# imprimante HP en wifi avec une livebox?...



## alexder666 (26 Mai 2009)

Bonjour je suis sous mac O.S X avec un mac book de 2007 en wifi avec une livebox mini toute neuve.
J'ai acheté ce week end une imprimante HP tout en un C6380.

Par USB tout marche niquel!

Mais je n'arrive pas à mettre l'imprimante en wifi avec la livebox et donc avec mon mac.

Tout d'abord l'imprimante ne voit pas ma LB. Même quand je la met en association.
Quand je rentre le nom de ma livebox et la clé wpadans l'imprimante, elle ne la trouve pas non plus. (par contre j'ai les livebox de tout l'immeuble XD)

J'ai lu des articles qui parlent d'adresse MAC, de SSID... mais je dois avouer que c'est du chinois pour moi!

Pourriez-vous m'aider? Je craque!!!!!!!!!!!!

Merci bcp 

AleXandra


----------



## hippo sulfite (26 Mai 2009)

Bonsoir, il y a quelque part un paramètre sur la LB pour la rendre visible ou pas. Il faut chercher, je n'ai pas de LiveBox sous la main.


----------



## Le docteur (26 Mai 2009)

Tu as essayé de la configurer d'abord en Ethernet (sil y a une prise Ethernet)...
En général il faut toujours passer par une configuration Ethenet.


----------



## alexder666 (26 Mai 2009)

nan j'ai pas fais par ethernet tu crois qu'il la reconnaitra après ça?
tu crois pas plutot que c'est ma livebox qui n'est pas configurer en routeur ou je sais pas trop quoi et qui se ferme comme une huitre quand mon imprimante se met en wifi et la cherche??.....


----------



## hippo sulfite (26 Mai 2009)

Pour une imprimante, ce n'est pas forcément utile puisque il ne sera pas possible de paramètrer la LB depuis l'imprimante. Et il me semble bien que c'est même déconseillé sous peine de remettre l'imprimante aux réglages usine ensuite. Du moins, c'est ainsi sur ma 7180.


----------



## alexder666 (26 Mai 2009)

que dois-je faire alors???


----------



## hippo sulfite (26 Mai 2009)

Chercher le paramètre "Masquer à la vue du réseau" sur la Live Box et t'assurer qu'il n'est pas coché.


----------



## alexder666 (26 Mai 2009)

bah y a rien de ça dans la configuration...
toi tu avais fait comment pour la tienne hyppo?


----------



## zebulon35 (26 Mai 2009)

est ce que le mac voit un nouveau réseau wifi chez toi, le réseau wifi de ton imprimante?

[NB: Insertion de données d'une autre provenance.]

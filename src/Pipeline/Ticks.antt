-- ===== src/Pipeline/Ticks.antt =====
-- A tick, and the pass at the end, keep the whole state sound, and fail only where a read fails.
use canebot_projector_repo.Base.{
  ℕ, ◌≡◌, refl, String, true, false, Option, none, some, List, [], arith, Option-cases, inl, inr,
}
use canebot_projector_repo.Rows.{unix_milli}
use canebot_projector_repo.Tracker.State.{Tracker}
use canebot_projector_repo.Tracker.Inputs.{flush, apply}
use canebot_projector_repo.Tracker.Invariant.Runs.{apply-IsValid}
use canebot_projector_repo.Rollup.Upkeep.{emit_all_derived-IsConsistent}
use canebot_projector_repo.Pipeline.Drained.{drain_actuators-IsConsistent}
use canebot_projector_repo.Pipeline.Merge.{TimelineItem, merge, apply_items, latest_at}
use canebot_projector_repo.Pipeline.Store.{Store, cursor}
use canebot_projector_repo.Pipeline.Reader.{Source}
use canebot_projector_repo.Pipeline.Collect.{Env, step_run_rows, collect}
use canebot_projector_repo.Pipeline.Tick.{
  Projector, config_step, save_cursors, flush_step, actuator_step, attribute_step, rollup_cursors,
  derived_step, timeline_step, alive_step, finish_tick, tick, close_at, final_flush,
}
use canebot_projector_repo.Pipeline.Sound.{
  IsSound, is_readable, IsFine, attribute-IsConsistent, apply_items-IsValid, drain_config-IsValid,
  flush_step-IsFine, bind-IsFine,
}

-- The batches are not there only where a read fails.
collect-none :
    (env : Env) (src : Source) (t : Tracker) (st : Store)
    → collect env src t st ≡ none
    → is_readable src ≡ false
unfolding collect step_run_rows
collect-none env src t st e = ground arith

module _ (severity : String → String) (env : Env) (src : Source) where
  config_step-IsFine :
      (latest : Option ℕ) (p : Projector)
      → IsSound severity p
      → IsFine severity src (config_step src latest p)
  unfolding config_step
  config_step-IsFine none p h = (h, λ r. refl)
  config_step-IsFine (some at) p h = elim (Option-cases src.config) [
    | inl e ↦ rw (e, config_step) (h, λ r. ground (arith, r, e))
    | inr (current, e) ↦
        rw (e, config_step)
          (
            record {
              trk =
                  drain_config-IsValid severity env.firmware.io p.st.config_snapshot at p.trk
                    current h.trk;
              rep = h.rep;
            },
            λ r. refl,
          )
  ]

  actuator_step-IsFine :
      (p : Projector) → IsSound severity p → IsFine severity src (actuator_step env src p)
  unfolding actuator_step
  actuator_step-IsFine p h = elim (Option-cases src.actuator_output_intervals) [
    | inl e ↦ rw (e, actuator_step) (h, λ r. ground (arith, r, e))
    | inr (rows, e) ↦
        let d =
          drain_actuators-IsConsistent env.batch_size p.rep
            (cursor p.st "actuator_output_intervals").last_closed_ms rows h.rep in
        rw (e, actuator_step) (record { trk = h.trk; rep = d.1 }, λ r. d.0)
  ]

  attribute_step-IsFine :
      (p : Projector) → IsSound severity p → IsFine severity src (attribute_step p)
  unfolding attribute_step
  attribute_step-IsFine p h =
      (record { trk = h.trk; rep = attribute-IsConsistent p.rep h.rep }, λ r. refl)

  derived_step-IsFine :
      (up_to : ℕ) (p : Projector) → IsSound severity p → IsFine severity src (derived_step up_to p)
  unfolding derived_step
  derived_step-IsFine up_to p h =
      let d = emit_all_derived-IsConsistent up_to p.rep (rollup_cursors p.st) h.rep in
      (record { trk = h.trk; rep = d.1 }, λ r. d.0)

  timeline_step-IsFine :
      (latest : Option ℕ) (p : Projector)
      → IsSound severity p
      → IsFine severity src (timeline_step latest p)
  unfolding timeline_step
  timeline_step-IsFine none p h = (h, λ r. refl)
  timeline_step-IsFine (some at) p h =
      derived_step-IsFine (unix_milli at) (record p { last_timeline_ms = unix_milli at })
        (record { trk = h.trk; rep = h.rep })

  finish_tick-IsFine :
      (now : ℕ) (applied : List TimelineItem) (p : Projector)
      → IsSound severity p
      → IsFine severity src (finish_tick env src now applied p)
  unfolding finish_tick alive_step
  finish_tick-IsFine now applied p h =
      bind-IsFine severity src _ (alive_step now)
        (bind-IsFine severity src _ (timeline_step (latest_at none applied))
          (bind-IsFine severity src _ attribute_step
            (bind-IsFine severity src _ (actuator_step env src)
              (bind-IsFine severity src _
                (λ q. flush_step env (record q { st = save_cursors applied q.st }))
                (config_step-IsFine (latest_at none applied) p h)
                (λ q k.
                  flush_step-IsFine severity env src (record q { st = save_cursors applied q.st })
                    (record { trk = k.trk; rep = k.rep })))
              actuator_step-IsFine)
            attribute_step-IsFine)
          (timeline_step-IsFine (latest_at none applied)))
        (λ q k. (record { trk = k.trk; rep = k.rep }, λ r. refl))

  -- A tick keeps the tracker valid and the replica consistent, whatever the source holds and also where
  -- it fails; and it succeeds where every read of the source does: no row, interval, pulse or run is
  -- refused.
  pub tick-IsSound :
      (now : ℕ) (p : Projector)
      → IsSound severity p
      → let (p', ok) = tick env src now p in
        IsSound severity p' × (is_readable src ≡ true → ok ≡ true)
  unfolding tick
  tick-IsSound now p h = elim (Option-cases (collect env src p.trk p.st)) [
    | inl e ↦ rw (e, tick) (h, λ r. ground (arith, r, collect-none env src p.trk p.st e))
    | inr (batches, e) ↦
        let applied = (merge env.batch_size batches).0 in
        rw (e, tick)
          (finish_tick-IsFine now applied
            (record p { trk = apply_items env.firmware.io p.trk applied })
            (record {
              trk = apply_items-IsValid severity env.firmware.io p.trk applied h.trk;
              rep = h.rep;
            }))
  ]

-- A source that can be read, and is empty.
abbrev quiet : Source
quiet = record {
  orders = some [];
  fsm_events = some [];
  faults = some [];
  sensor_input_toggles = some [];
  fsm_step_runs = some [];
  config = some [];
  actuator_output_intervals = some [];
}

-- The pass at the end succeeds, and keeps the tracker valid and the replica consistent.
pub final_flush-IsSound :
    (severity : String → String) (env : Env) (now : ℕ) (p : Projector)
    → IsSound severity p
    → let (p', ok) = final_flush env now p in (ok ≡ true) × IsSound severity p'
unfolding final_flush apply
final_flush-IsSound severity env now p h =
    let f =
      bind-IsFine severity quiet _ (derived_step p.last_timeline_ms)
        (flush_step-IsFine severity env quiet _ (record {
          trk =
              apply-IsValid severity env.firmware.io p.trk (flush (close_at now p.last_timeline_ms))
                h.trk;
          rep = h.rep;
        }))
        (derived_step-IsFine severity env quiet p.last_timeline_ms) in
    (f.1 refl, f.0)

juste pour être sur que l'imprimante est correctement configurée...


----------



## hippo sulfite (26 Mai 2009)

Si si, je viens de la vérifier sur le site d'Orange.
Je ne dispose pas de la mini LB ici alors c'est pas simple. 

Voilà, c'est sur cette page dans la zone "Connexion de l'équipement".


----------



## hippo sulfite (26 Mai 2009)

zebulon35 a dit:


> est ce que le mac voit un nouveau réseau wifi chez toi, le réseau wifi de ton imprimante?
> 
> juste pour être sur que l'imprimante est correctement configurée...



Les imprimantes ont des routeurs wifi maintenant ?


----------



## zebulon35 (26 Mai 2009)

elle doit bien être capable de se signaler d'une façon ou d'une autre non?


----------



## hippo sulfite (26 Mai 2009)

zebulon35 a dit:


> elle doit bien être capable de se signaler d'une façon ou d'une autre non?



Certes, mais il faut qu'un routeur lui donne une adresse IP ou bien qu'elle soit configurée avec une adresse fixe du range du routeur.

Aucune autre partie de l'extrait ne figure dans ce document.